Мы поможем в написании ваших работ!



ЗНАЕТЕ ЛИ ВЫ?

Глава 6. Приглашение в зазеркалье



В 1836 году Пушкин взял эпиграфом к своей так и не пропущенной цензурой статье «Александр Радищев» слышанное им некогда суждение Карамзина: «Il ne faut pas qu’un honne^te homme meЂrite d’e^tre pendu». («Честному человеку не следует подвергать себя виселице» — именно так переводил эту фразу П. А. Вяземский.)

Слова эти можно трактовать по-разному. В них как будто различимо предостережение: честный человек в своих действиях и поступках не должен нарушать границ, преступив которые, он обрекает себя на неизбежную гибель. Но, с другой стороны, вынесенная в эпиграф карамзинская мысль заключает, если вдуматься, еще один оттенок. Честный человек имеет шанс оставаться таковым даже в том случае, если он будет защищать свои убеждения, не вступая в смертельную вражду с правительственной властью. Общество, воздвигшее пределом свободомыслия граждан государственный эшафот, может быть усовершенствовано без обязательного самозаклания достойнейших из своих сочленов.

Радищев, говорит Пушкин, будучи политическим фанатиком, действовал «с удивительным самоотвержением, с какой-то рыцарскою совестливостию». Однако, действуя таким образом, он в то же время «как будто старался раздражить верховную власть своим горьким злоречием; не лучше ли было бы,— заключает автор,— указать на благо, которое она в состоянии сотворить?».

Сам Пушкин тщетно указывал на это благо: власть оказалась вполне равнодушной к его призывам. Ему удалось избегнуть эшафота и остаться честным человеком. Но он не ушел от судьбы.

...Никто из петрашевцев (может быть, за одним-двумя исключениями) не готовил себя на гибель. Никто из них не оставлял надежды рано или поздно убедить противную сторону в своей правоте. Ради этого они способны были претерпеть. Но никому из них не приходило в голову, что государство, всегда вольное обрушить на них свою карающую длань, обрушит ее в полную силу и со всего размаха. Такая реакция, если бы они могли ее предвидеть, показалась бы им неоправданной и чрезмерной.
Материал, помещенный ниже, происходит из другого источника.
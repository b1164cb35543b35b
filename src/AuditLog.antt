-- ===== src/AuditLog.antt =====
-- The audit log: `AuditLogger.log` and the job that stores its entry, of
-- backend/observability/audit.py, and the search of backend/domain/audit_log/repository.py and
-- backend/app/api/v1/audit_log/router.py. The order of an `ORDER BY` is the database's; details, log
-- lines and the file are left out.
use enterprise_fast_api_boil.Base.{
  ℕ, String, Bool, true, false, not, ◌&&◌, ◌||◌, Option, none, some, List, [], ◌∷◌, ◌++◌, map, take,
  drop, length, select, leb, ◌==◌, ◌=s◌,
}
use enterprise_fast_api_boil.Base.Outcome.{Exec, pure, gets, ◌>>=◌, ◌>>◌}
use enterprise_fast_api_boil.Database.{User, AuditLogEntry}
use enterprise_fast_api_boil.Server.{Server, edit, commit_now}
use enterprise_fast_api_boil.Rbac.Queries.{Actor}
use enterprise_fast_api_boil.Rbac.Assign.{require_permission}

-- The `actor` of an entry: a row, a name, or nobody.
pub data AuditActor : Type 0 where
  as_user : User → AuditActor
  as_name : String → AuditActor
  nobody : AuditActor

abbrev pub actor_id_of : AuditActor → Option ℕ
actor_id_of (as_user u) = some u.id
actor_id_of (as_name n) = none
actor_id_of nobody = none

abbrev pub actor_username_of : AuditActor → Option String
actor_username_of (as_user u) = some u.username
actor_username_of (as_name n) = some n
actor_username_of nobody = none

-- What an entry takes from the request: `request.state`, the method and the path.
pub record RequestInfo : Type 0 where
  pub request_id : Option String
  pub trace_id : Option String
  pub method : String
  pub path : String

abbrev or_else : Option String → Option String → Option String
or_else (some t) other = some t
or_else none other = other

-- The identifiers, where `context_id` is `get_request_id()`.
abbrev pub request_id_of : Option String → Option RequestInfo → Option String
request_id_of context_id none = context_id
request_id_of context_id (some r) = or_else r.request_id context_id

abbrev pub trace_id_of : Option String → Option RequestInfo → Option String
trace_id_of context_id none = context_id
trace_id_of context_id (some r) = or_else r.trace_id (or_else r.request_id context_id)

abbrev pub method_of : Option RequestInfo → Option String
method_of none = none
method_of (some r) = some r.method

abbrev pub path_of : Option RequestInfo → Option String
path_of none = none
path_of (some r) = some r.path

-- The `entry` of `AuditLogger.log`, as the row that `persist_audit_log_entry` makes of it.
unfoldable pub entry_row :
    ℕ
    → ℕ
    → Option String
    → AuditActor
    → String
    → String
    → Option RequestInfo
    → Option ℕ
    → Bool
    → Option String
    → AuditLogEntry
entry_row new_id now context_id actor action resource request status_code success error = record {
  id = new_id;
  actor_id = actor_id_of actor;
  actor_username = actor_username_of actor;
  action = action;
  resource = resource;
  request_id = request_id_of context_id request;
  trace_id = trace_id_of context_id request;
  method = method_of request;
  path = path_of request;
  status_code = status_code;
  success = success;
  error = error;
  created_at = now;
}

-- `persist_audit_log_entry`, given the row but for its key
unfoldable pub persist_audit_log_entry : (ℕ → AuditLogEntry) → Exec Server (Unit {0})
persist_audit_log_entry entry = do
  new_id ← gets (λ s. s.assign_id (map (λ e. e.id) s.work.audit_log_entries))
  edit (λ db. record db { audit_log_entries = db.audit_log_entries ++ (entry new_id ∷ []) })
  commit_now

pub record Filters : Type 0 where
  pub actor_id : Option ℕ
  pub action : Option String
  pub resource : Option String
  pub since : Option ℕ
  pub until : Option ℕ
  pub success : Option Bool

-- `column == value` for a nullable column
abbrev is_id : ℕ → Option ℕ → Bool
is_id i none = false
is_id i (some j) = j == i

abbrev same_flag : Bool → Bool → Bool
same_flag true b = b
same_flag false b = not b

abbrev by_actor : Option ℕ → AuditLogEntry → Bool
by_actor none e = true
by_actor (some i) e = is_id i e.actor_id

-- `if action:`, an empty text being no filter
abbrev by_text : Option String → String → Bool
by_text none value = true
by_text (some t) value = t =s "" || value =s t

abbrev by_since : Option ℕ → AuditLogEntry → Bool
by_since none e = true
by_since (some t) e = leb t e.created_at

abbrev by_until : Option ℕ → AuditLogEntry → Bool
by_until none e = true
by_until (some t) e = leb e.created_at t

abbrev by_success : Option Bool → AuditLogEntry → Bool
by_success none e = true
by_success (some b) e = same_flag b e.success

-- The conjunction of the filters that are given.
unfoldable pub passes : Filters → AuditLogEntry → Bool
passes f e =
    by_actor f.actor_id e
    && by_text f.action e.action
    && by_text f.resource e.resource
    && by_since f.since e
    && by_until f.until e
    && by_success f.success e

module _ (newest_first : List AuditLogEntry → List AuditLogEntry) where
  -- `AuditLogRepository.search`: a page, and the number of all rows that pass.
  unfoldable pub search : Filters → ℕ → ℕ → Exec Server (List AuditLogEntry × ℕ)
  unfolding passes
  search f skip limit = gets (λ s.
      let found = select (passes f) s.work.audit_log_entries in
      (take limit (drop skip (newest_first found)), length found))

  -- GET /audit-log/
  unfoldable pub list_audit_entries : Actor → Filters → ℕ → ℕ → Exec Server (List AuditLogEntry)
  unfolding require_permission search
  list_audit_entries actor f skip limit = do
    require_permission actor ("audit.view" ∷ [])
    found ← search f skip limit
    pure found.0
Случаются времена, когда человеку — желает он того или нет — приходится подвергать себя виселице.

...Их, как уже говорилось, взяли на рассвете.

Правительственная поспешность выглядит не вполне понятной. Только-только после почти целого года внешнего полицейского наблюдения намечается верный успех. Смышленый агент почтил своим посещением всего семь «пятниц», а перед Липранди уже лежал изрядный список имен. С каждым днем он умножался: грядущее таило новые волнующие открытия. И вот у графа Перовского отнимали его законную добычу — в момент, когда предвкушение абсолютной удачи позволяло несколько отдалить скромную радость глотания. Кроме того, министр не без основания опасался, что у будущего суда недостанет серьезных улик: состав преступления заключался покамест в произнесении фраз, а не в совершении дел.

Принято считать, что царь торопился, потому что ему «не терпелось» расправиться с заговорщиками. Возможно, это естественное желание имело место. Однако вряд ли государь руководствовался чувствами. У него был положительный расчет.

Через несколько дней, 26 апреля, будет подписан высочайший манифест о вступлении русских войск в пределы Австрийской империи: надо было спасать пошатнувшийся союзный трон. Отправляясь в поход, Николай не решился оставить в тылу еще не взятую крепость.

Домик в Коломне был обречен.

21 апреля императору представляются обзор всего дела и список подлежащих арестованию лиц.

«...Дело важно,— выводит резюме августейший читатель,— ибо ежели было только одно вранье, то и оно в высшей степени преступно и нестерпимо». Под «враньем», естественно, разумеются не донесения Антонелли, а содержание отраженных в этих депешах бесед.

Операция держится в величайшем секрете: даже коменданту Петропавловской крепости не дается загодя знать о скорой присылке гостей.

«С Богом! Да будет воля Его!» — отрывисто заключает царь. Так напутствуют накануне битвы.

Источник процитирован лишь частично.